I've checked the portindex generation code, and this would actually work
for our solution. Enabling this setting in subversion working copies
locally would however lead to ports not being reindexed when they should
in some situations, so not really a good solution.


> Previously I wanted to abandon keywords, but taking the date from the
> expanded $Id$ in the Portfile would probably be quite handy for
> this...

Yes. It is, however, a solution that would only work for Subversion. We
could also enable the timestamp exporting on the rsync server (where it
wouldn't cause problems with the portindex), and decide depending on the
type of the ports tree which method to use:
 - if it's git/git-svn, use git
 - if it's svn, use svn info
 - if it's neither, use file mtime synced from rsync server

> >  - The newest timestamp inside a source code tree is a good choice (and
> >    https://github.com/0-wiz-0/findnewest could easily give us that
> >    timestamp), but sources fetched from version control systems do not
> >    always set it to the time of the commit (AFAIK Git doesn't, for
> >    example).
> >  - A fixed value of 0 or 1 is not a very good choice.
> > We could put an additional piece of metadata into Portfiles to be used
> > as timestamp (e.g. just like we have checksums). It is my understanding
> > that FreeBSD will chose to go this route.
> 
> Hm, that would be an additional value that always needs to be
> increased by the maintainer? That sounds error-prone.

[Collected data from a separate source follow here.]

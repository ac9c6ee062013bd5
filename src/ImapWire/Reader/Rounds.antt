-- ===== src/ImapWire/Reader/Rounds.antt =====
-- A round of the loop of the reader, and the bytes that come later.
use crypt_mail.Prelude.{
  ℕ, zero, suc, ◌+◌, ◌≤◌, ◌<◌, ◌≡◌, refl, sym, ap, ◌∙◌, subst, ◌⊎◌, inl, inr, false, ◌&&◌, Option,
  none, some, List, [], ◌∷◌, ◌++◌, arith, ltb, ◌==◌, Bool-cases, Option-cases, some_injective,
  length, take, length-append, Locale,
}
use crypt_mail.ImapWire.Responses.{ImapResponse}
use crypt_mail.ImapWire.Reader.{
  drop, next_index, index_of_crlf, literal_size, ResponseReader, Round, literal_round, line_round,
  round_at, round, break, continue, done,
}

-- What comes after the bytes that are taken stays.
take-append : (n : ℕ) (q b : List ℕ) → n ≤ length q → take n (q ++ b) ≡ take n q
take-append zero q b h = refl
take-append (suc n) [] b h = absurd (omega arith)
take-append (suc n) (x ∷ q) b h = ap (λ l. x ∷ l) (take-append n q b (omega arith))

drop-append : (n : ℕ) (q b : List ℕ) → n ≤ length q → drop n (q ++ b) ≡ drop n q ++ b
drop-append zero q b h = refl
drop-append (suc n) [] b h = absurd (omega arith)
drop-append (suc n) (x ∷ q) b h = drop-append n q b (omega arith)

pub length-drop : (n : ℕ) (q : List ℕ) → n ≤ length q → length (drop n q) + n ≡ length q
length-drop zero q h = omega arith
length-drop (suc n) [] h = absurd (omega arith)
length-drop (suc n) (x ∷ q) h = omega (arith, length-drop n q (omega arith))

next_index-some :
    (o : Option ℕ) (n : ℕ) → next_index o ≡ some n → (m : ℕ) × (o ≡ some m) × (n ≡ suc m)
next_index-some none n h = absurd (cc h)
next_index-some (some m) n h = (m, refl, sym (some_injective (suc m) n h))

-- A line end that is there is found at the same place, and its two bytes are in the queue.
index_of_crlf-append :
    (q b : List ℕ) (n : ℕ)
    → index_of_crlf q ≡ some n
    → (index_of_crlf (q ++ b) ≡ some n) × (n + 2 ≤ length q)
unfolding index_of_crlf
index_of_crlf-append [] b n h = absurd (cc h)
index_of_crlf-append (x ∷ []) b n h = absurd (cc h)
index_of_crlf-append (x ∷ y ∷ q) b n h = elim (Bool-cases (x == 13 && y == 10)) [
  | inl e ↦
      let zeros = some_injective 0 n (simp e at h) in simp e (ap some zeros, omega (arith, zeros))
  | inr m ↦
      let (k, found, is_suc) = next_index-some (index_of_crlf (y ∷ q)) n (simp m at h) in
      let later = index_of_crlf-append (y ∷ q) b k found in
      simp m (ap next_index later.0 ∙ ap some (sym is_suc), omega (arith, later.1, is_suc))
]

abbrev pub with_more : List ℕ → ResponseReader → ResponseReader
with_more b reader = record reader { queue = reader.queue ++ b }

module _ (loc : Locale) where
  -- A round that does not break is the same with more bytes, and takes some.
  abbrev Extends : Round → ResponseReader → List ℕ → Round → Type 0
  Extends whole reader b break = Unit
  Extends whole reader b (continue next) =
      (whole ≡ continue (with_more b next)) × (length next.queue < length reader.queue)
  Extends whole reader b (done next response) =
      (whole ≡ done (with_more b next) response) × (length next.queue < length reader.queue)

  literal_round-Extends :
      (reader : ResponseReader) (b : List ℕ) (eol size : ℕ)
      → eol + 2 ≤ length reader.queue
      → Extends
          (literal_round loc (with_more b reader) eol size)
          reader
          b
          (literal_round loc reader eol size)
  literal_round-Extends reader b eol size h =
      elim (Bool-cases (ltb (length reader.queue) (eol + 2 + size))) [
        | inl e ↦ simp e tt
        | inr n ↦
            let after = drop (eol + 2) reader.queue in
            let left = length-drop (eol + 2) reader.queue h in
            let long : size ≤ length after = ground (arith, left) in
            let still : ltb (length (reader.queue ++ b)) (eol + 2 + size) ≡ false =
              ground (arith, length-append reader.queue b) in
            simp (n, still)
              (
                rw
                    (
                      drop-append (eol + 2) reader.queue b h,
                      take-append eol reader.queue b (omega arith),
                      drop-append size after b long,
                      take-append size after b long,
                    )
                    refl,
                omega (arith, left, length-drop size after long),
              )
      ]

  line_round-Extends :
      (reader : ResponseReader) (b : List ℕ) (eol : ℕ) (size : Option ℕ)
      → eol + 2 ≤ length reader.queue
      → Extends
          (line_round loc (with_more b reader) eol size)
          reader
          b
          (line_round loc reader eol size)
  line_round-Extends reader b eol (some size) h = literal_round-Extends reader b eol size h
  line_round-Extends reader b eol none h = (
    rw (drop-append (eol + 2) reader.queue b h, take-append eol reader.queue b (omega arith)) refl,
    omega (arith, length-drop (eol + 2) reader.queue h),
  )

  round-Extends :
      (reader : ResponseReader) (b : List ℕ)
      → Extends (round loc (with_more b reader)) reader b (round loc reader)
  unfolding round
  round-Extends reader b = elim (Option-cases (index_of_crlf reader.queue)) [
    | inl e ↦
        subst (Extends (round loc (with_more b reader)) reader b) (sym (ap (round_at loc reader) e))
          tt
    | inr (eol, e) ↦
        let (found, fits) = index_of_crlf-append reader.queue b eol e in
        let whole =
          ap (round_at loc (with_more b reader)) found
          ∙ ap (λ s. line_round loc (with_more b reader) eol (literal_size s))
              (take-append eol reader.queue b (omega arith)) in
        let size = literal_size (take eol reader.queue) in
        subst (Extends (round loc (with_more b reader)) reader b) (sym (ap (round_at loc reader) e))
          (subst (λ w. Extends w reader b (line_round loc reader eol size)) (sym whole)
            (line_round-Extends reader b eol size fits))
  ]

  pub Round-cases :
      (r : Round)
      → (r ≡ break)
        ⊎ ((next : ResponseReader) × (r ≡ continue next))
        ⊎ ((next : ResponseReader) × (response : ImapResponse) × (r ≡ done next response))
  Round-cases break = inl refl
  Round-cases (continue next) = inr (inl (next, refl))
  Round-cases (done next response) = inr (inr (next, response, refl))

  -- What a round that goes on does, read off its outcome.
  pub round-continue :
      (reader next : ResponseReader) (b : List ℕ)
      → round loc reader ≡ continue next
      → (round loc (with_more b reader) ≡ continue (with_more b next))
        × (length next.queue < length reader.queue)
  round-continue reader next b e =
      subst (Extends (round loc (with_more b reader)) reader b) e (round-Extends reader b)

  pub round-done :
      (reader next : ResponseReader) (response : ImapResponse) (b : List ℕ)
      → round loc reader ≡ done next response
      → (round loc (with_more b reader) ≡ done (with_more b next) response)
        × (length next.queue < length reader.queue)
  round-done reader next response b e =
      subst (Extends (round loc (with_more b reader)) reader b) e (round-Extends reader b)

  pub round_empty : (reader : ResponseReader) → length reader.queue ≤ 0 → round loc reader ≡ break
  round_empty reader h = elim (Round-cases (round loc reader)) [
    | inl e ↦ e
    | inr (inl (next, e)) ↦ absurd (omega (arith, (round-continue reader next [] e).1))
    | inr (inr (next, response, e)) ↦
        absurd (omega (arith, (round-done reader next response [] e).1))
  ]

Well, as long as the value is newer than any source files, not
incrementing it would not cause problems. I agree that manually managing
this sounds tedious, though.

Maybe this would work: Depending on the fetch type, choose a method to
determine the SOURCE_DATE_EPOCH. For
 - tarballs, use findnest and use the newest source file mtime
 - svn, use svn info to look up the date of the newest commit (or
   checkout preserving timestamps)
 - git, use the commit date of the latest commit
 - ...


> > Homebrew achieves good binary package coverage for non-default prefixes
> > by scanning the build results for $prefix. In library load commands, the
> > path is changed using install_name_tool(1) on installation locally, in
> > text files, the path is simply changed. If $prefix is found in a binary
> > file, the archive is marked as non-prefix-invariant and ignored by
> > non-default prefix installations.
> 
> Such a check to verify the build results is something I always wanted
> post-destroot. Not necessarily to fix it, but just to validate the build
> result. But the implementation to do such analyses is still only in the
> diverged branch gsoc11-post-destroot.

ACK

> We already have been using -headerpad_max_install_names for a few
> years, but never dared to go further and actually fix this in a
> compiled port archive. I am surprised this works for them.

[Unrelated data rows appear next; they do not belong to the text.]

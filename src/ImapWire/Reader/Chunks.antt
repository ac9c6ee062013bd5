-- ===== src/ImapWire/Reader/Chunks.antt =====
-- The responses are the same, however the connection cuts their bytes.
use crypt_mail.Prelude.{
  ℕ, zero, suc, ◌≤◌, ◌≡◌, refl, sym, ap, ◌∙◌, inl, inr, List, [], ◌∷◌, ◌++◌, arith, length,
  length-append, append_assoc, append_nil, Locale,
}
use crypt_mail.ImapWire.Responses.{ImapResponse}
use crypt_mail.ImapWire.Reader.{
  ResponseReader, new_reader, round, Pushed, and_response, drain, push, break,
}
use crypt_mail.ImapWire.Reader.Rounds.{
  with_more, Round-cases, round-continue, round-done, round_empty,
}

abbrev pub all_bytes : List (List ℕ) → List ℕ
all_bytes [] = []
all_bytes (chunk ∷ chunks) = chunk ++ all_bytes chunks

module _ (loc : Locale) where
  pub drain_break :
      (fuel : ℕ) (reader : ResponseReader)
      → round loc reader ≡ break
      → drain loc fuel reader ≡ record { reader = reader; responses = [] }
  unfolding drain
  drain_break zero reader e = refl
  drain_break (suc fuel) reader e = simp e refl

  -- The length of the queue is enough rounds, and more do nothing.
  pub drain_enough :
      (n m : ℕ) (reader : ResponseReader)
      → length reader.queue ≤ n
      → length reader.queue ≤ m
      → drain loc n reader ≡ drain loc m reader
  unfolding drain
  drain_enough zero m reader h k = sym (drain_break m reader (round_empty loc reader h))
  drain_enough (suc n) zero reader h k = drain_break (suc n) reader (round_empty loc reader k)
  drain_enough (suc n) (suc m) reader h k = elim (Round-cases loc (round loc reader)) [
    | inl e ↦ simp e refl
    | inr (inl (next, e)) ↦
        let shorter = (round-continue loc reader next [] e).1 in
        simp e (drain_enough n m next (omega arith) (omega arith))
    | inr (inr (next, response, e)) ↦
        let shorter = (round-done loc reader next response [] e).1 in
        simp e (ap (and_response loc response) (drain_enough n m next (omega arith) (omega arith)))
  ]

  -- What stays is no longer than the queue was, and has no further response in it.
  drain-IsDrained :
      (n : ℕ) (reader : ResponseReader)
      → length reader.queue ≤ n
      → (length (drain loc n reader).reader.queue ≤ length reader.queue)
        × (round loc (drain loc n reader).reader ≡ break)
  unfolding drain
  drain-IsDrained zero reader h = (omega arith, round_empty loc reader h)
  drain-IsDrained (suc n) reader h = elim (Round-cases loc (round loc reader)) [
    | inl e ↦ simp e (omega arith, refl)
    | inr (inl (next, e)) ↦
        let shorter = (round-continue loc reader next [] e).1 in
        let rest = drain-IsDrained n next (omega arith) in simp e (omega (arith, rest.0), rest.1)
    | inr (inr (next, response, e)) ↦
        let shorter = (round-done loc reader next response [] e).1 in
        let rest = drain-IsDrained n next (omega arith) in simp e (omega (arith, rest.0), rest.1)
  ]

  abbrev pub joined : List ImapResponse → Pushed loc → Pushed loc
  joined before pushed = record pushed { responses = before ++ pushed.responses }

  -- A last round more changes nothing, once no response is left in what stays.
  one_more_round :
      (n m : ℕ) (next : ResponseReader) (b : List ℕ)
      → length next.queue ≤ n
      → length (next.queue ++ b) ≤ m
      → drain loc m (with_more b next)
        ≡ joined (drain loc n next).responses (drain loc m (with_more b (drain loc n next).reader))
      → drain loc m (with_more b next)
        ≡ joined
            (drain loc n next).responses
            (drain loc (suc m) (with_more b (drain loc n next).reader))
  one_more_round n m next b h k same =
      let within = (drain-IsDrained n next h).0 in
      let last = (drain loc n next).reader in
      let fits : length (last.queue ++ b) ≤ m =
        omega (arith, length-append last.queue b, length-append next.queue b) in
      same
      ∙ ap (joined (drain loc n next).responses)
          (drain_enough m (suc m) (with_more b last) fits (omega (arith, fits)))

  -- Responses that are read before more bytes come are the first ones that are read of all the bytes.
  drain-append :
      (n m : ℕ) (reader : ResponseReader) (b : List ℕ)
      → length reader.queue ≤ n
      → length (reader.queue ++ b) ≤ m
      → drain loc m (with_more b reader)
        ≡ joined
            (drain loc n reader).responses
            (drain loc m (with_more b (drain loc n reader).reader))
  unfolding drain
  drain-append zero m reader b h k = refl
  drain-append (suc n) zero reader b h k =
      simp (round_empty loc reader (omega (arith, length-append reader.queue b))) refl
  drain-append (suc n) (suc m) reader b h k = elim (Round-cases loc (round loc reader)) [
    | inl e ↦ simp e refl
    | inr (inl (next, e)) ↦
        let (longer, shorter) = round-continue loc reader next b e in
        simp (e, longer)
          (one_more_round n m next b (omega arith)
            (omega (arith, length-append reader.queue b, length-append next.queue b))
            (drain-append n m next b (omega arith)
              (omega (arith, length-append reader.queue b, length-append next.queue b))))
    | inr (inr (next, response, e)) ↦
        let (longer, shorter) = round-done loc reader next response b e in
        simp (e, longer)
          (ap (and_response loc response) (
            one_more_round n m next b (omega arith)
              (omega (arith, length-append reader.queue b, length-append next.queue b))
              (drain-append n m next b (omega arith)
                (omega (arith, length-append reader.queue b, length-append next.queue b)))))
  ]

  -- A connection that brings the bytes chunk by chunk.
  abbrev pub push_each : ResponseReader → List (List ℕ) → Pushed loc
  push_each reader [] = record { reader = reader; responses = [] }
  push_each reader (chunk ∷ chunks) =
      let pushed = push loc reader chunk in joined pushed.responses (push_each pushed.reader chunks)

  push-append :
      (reader : ResponseReader) (a b : List ℕ)
      → push loc reader (a ++ b)
        ≡ joined (push loc reader a).responses (push loc (push loc reader a).reader b)
  unfolding push
  push-append reader a b =
      let first = drain loc (length (reader.queue ++ a)) (with_more a reader) in
      let within =
        (drain-IsDrained (length (reader.queue ++ a)) (with_more a reader) (omega arith)).0 in
      ap (λ q. drain loc (length q) (record reader { queue = q }))
        (sym (append_assoc reader.queue a b))
      ∙ drain-append (length (reader.queue ++ a)) (length ((reader.queue ++ a) ++ b))
          (with_more a reader) b (omega arith) (omega arith)
      ∙ ap (joined first.responses) (
          drain_enough (length ((reader.queue ++ a) ++ b)) (length (first.reader.queue ++ b))
            (with_more b first.reader)
            (omega (arith, length-append first.reader.queue b, length-append (reader.queue ++ a) b))
            (omega arith))

  push_each-drained :
      (reader : ResponseReader) (chunks : List (List ℕ))
      → round loc reader ≡ break
      → push_each reader chunks ≡ push loc reader (all_bytes chunks)
  unfolding push
  push_each-drained reader [] h =
      sym (drain_break (length (reader.queue ++ [])) reader h)
      ∙ ap (λ q. drain loc (length (reader.queue ++ [])) (record reader { queue = q }))
          (sym (append_nil reader.queue))
  push_each-drained reader (chunk ∷ chunks) h =
      let pushed = push loc reader chunk in
      ap (joined pushed.responses) (
        push_each-drained pushed.reader chunks
          (drain-IsDrained (length (reader.queue ++ chunk)) (with_more chunk reader)
            (omega arith)).1)
      ∙ sym (push-append reader chunk (all_bytes chunks))

  -- The reader does not see how the connection cuts the bytes: fed chunk by chunk, whatever the chunks, it
  -- gives the responses in the order and of the content that it gives when all the bytes come at once, and
  -- keeps the same bytes and parts for the response that is not complete yet.
  pub push_each-all_bytes :
      (chunks : List (List ℕ))
      → push_each new_reader chunks ≡ push loc new_reader (all_bytes chunks)
  push_each-all_bytes chunks =
      push_each-drained new_reader chunks (round_empty loc new_reader (omega arith))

So was I, which is why I included the information. Mike told me they'd
actually get decent coverage using this approach.


> On a related side note, all of this would be good additions for
> MacPorts base. However, currently our trunk is not in the best shape
> after merging the feature branches from last GSoC. The remaining bugs
> in the interactive mode and the new reclaim should be fixed first
> before beginning new work. Otherwise I fear we will not reach a state
> where we could split off a new release. Maybe we should make a real
> release plan with milestone targets to make progress?

Yes, I'm aware of the instabilities. I try to work on these things from
time to time, but other tasks have been keeping me off fixing more of
them. I would certainly welcome a plan, but I'd say our infrastructure
has priority at the moment.


On Wed, Dec 09, 2015 at 12:55:16PM +0100, Mojca Miklavec wrote:
> If we stick with SVN, one could extract "Last Changed Date" from "svn
> info" on the directory. An example where this wouldn't work too well
> are subports (where only one subport changes, but not the others) or
> random edits, even if only for whitespace changes on the Portfile. I
> don't know how problematic those random edits are in general.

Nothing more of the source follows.